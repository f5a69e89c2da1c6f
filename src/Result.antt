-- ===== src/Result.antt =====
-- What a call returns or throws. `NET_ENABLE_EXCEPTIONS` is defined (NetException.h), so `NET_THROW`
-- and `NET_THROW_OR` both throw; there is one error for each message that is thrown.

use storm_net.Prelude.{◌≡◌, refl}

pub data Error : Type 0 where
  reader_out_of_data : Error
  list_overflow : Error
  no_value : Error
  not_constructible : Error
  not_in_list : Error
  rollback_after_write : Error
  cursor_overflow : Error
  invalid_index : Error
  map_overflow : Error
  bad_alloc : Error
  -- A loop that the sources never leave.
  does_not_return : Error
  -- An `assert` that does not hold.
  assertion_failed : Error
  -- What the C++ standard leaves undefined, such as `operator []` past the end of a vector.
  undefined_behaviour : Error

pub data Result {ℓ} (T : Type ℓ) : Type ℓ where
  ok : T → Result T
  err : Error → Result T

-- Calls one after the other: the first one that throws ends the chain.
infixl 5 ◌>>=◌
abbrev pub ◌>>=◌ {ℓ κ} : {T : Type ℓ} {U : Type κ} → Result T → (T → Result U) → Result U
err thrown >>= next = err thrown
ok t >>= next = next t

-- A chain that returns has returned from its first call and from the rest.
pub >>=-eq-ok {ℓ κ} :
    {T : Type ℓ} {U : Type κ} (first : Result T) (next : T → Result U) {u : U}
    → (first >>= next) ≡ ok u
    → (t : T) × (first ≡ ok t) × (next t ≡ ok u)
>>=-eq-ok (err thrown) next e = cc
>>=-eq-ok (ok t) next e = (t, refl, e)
——
• **TASK DIRECTIONS**:
Write every line of the material out again exactly.

• **ANSWER SPACE**:
repository f5a69e89c2da1c6f
filename src/Result.antt
-- ===== src/Result.antt =====
-- What a call returns or throws. `NET_ENABLE_EXCEPTIONS` is defined (NetException.h), so `NET_THROW`
-- and `NET_THROW_OR` both throw; there is one error for each message that is thrown.

use storm_net.Prelude.{◌≡◌, refl}

pub data Error : Type 0 where
  reader_out_of_data : Error
  list_overflow : Error
  no_value : Error
  not_constructible : Error
  not_in_list : Error
  rollback_after_write : Error
  cursor_overflow : Error
  invalid_index : Error
  map_overflow : Error
  bad_alloc : Error
  -- A loop that the sources never leave.
  does_not_return : Error
  -- An `assert` that does not hold.
  assertion_failed : Error
  -- What the C++ standard leaves undefined, such as `operator []` past the end of a vector.
  undefined_behaviour : Error

pub data Result {ℓ} (T : Type ℓ) : Type ℓ where
  ok : T → Result T
  err : Error → Result T

-- Calls one after the other: the first one that throws ends the chain.
infixl 5 ◌>>=◌
abbrev pub ◌>>=◌ {ℓ κ} : {T : Type ℓ} {U : Type κ} → Result T → (T → Result U) → Result U
err thrown >>= next = err thrown
ok t >>= next = next t

-- A chain that returns has returned from its first call and from the rest.
pub >>=-eq-ok {ℓ κ} :
    {T : Type ℓ} {U : Type κ} (first : Result T) (next : T → Result U) {u : U}
    → (first >>= next) ≡ ok u
    → (t : T) × (first ≡ ok t) × (next t ≡ ok u)
>>=-eq-ok (err thrown) next e = cc
>>=-eq-ok (ok t) next e = (t, refl, e)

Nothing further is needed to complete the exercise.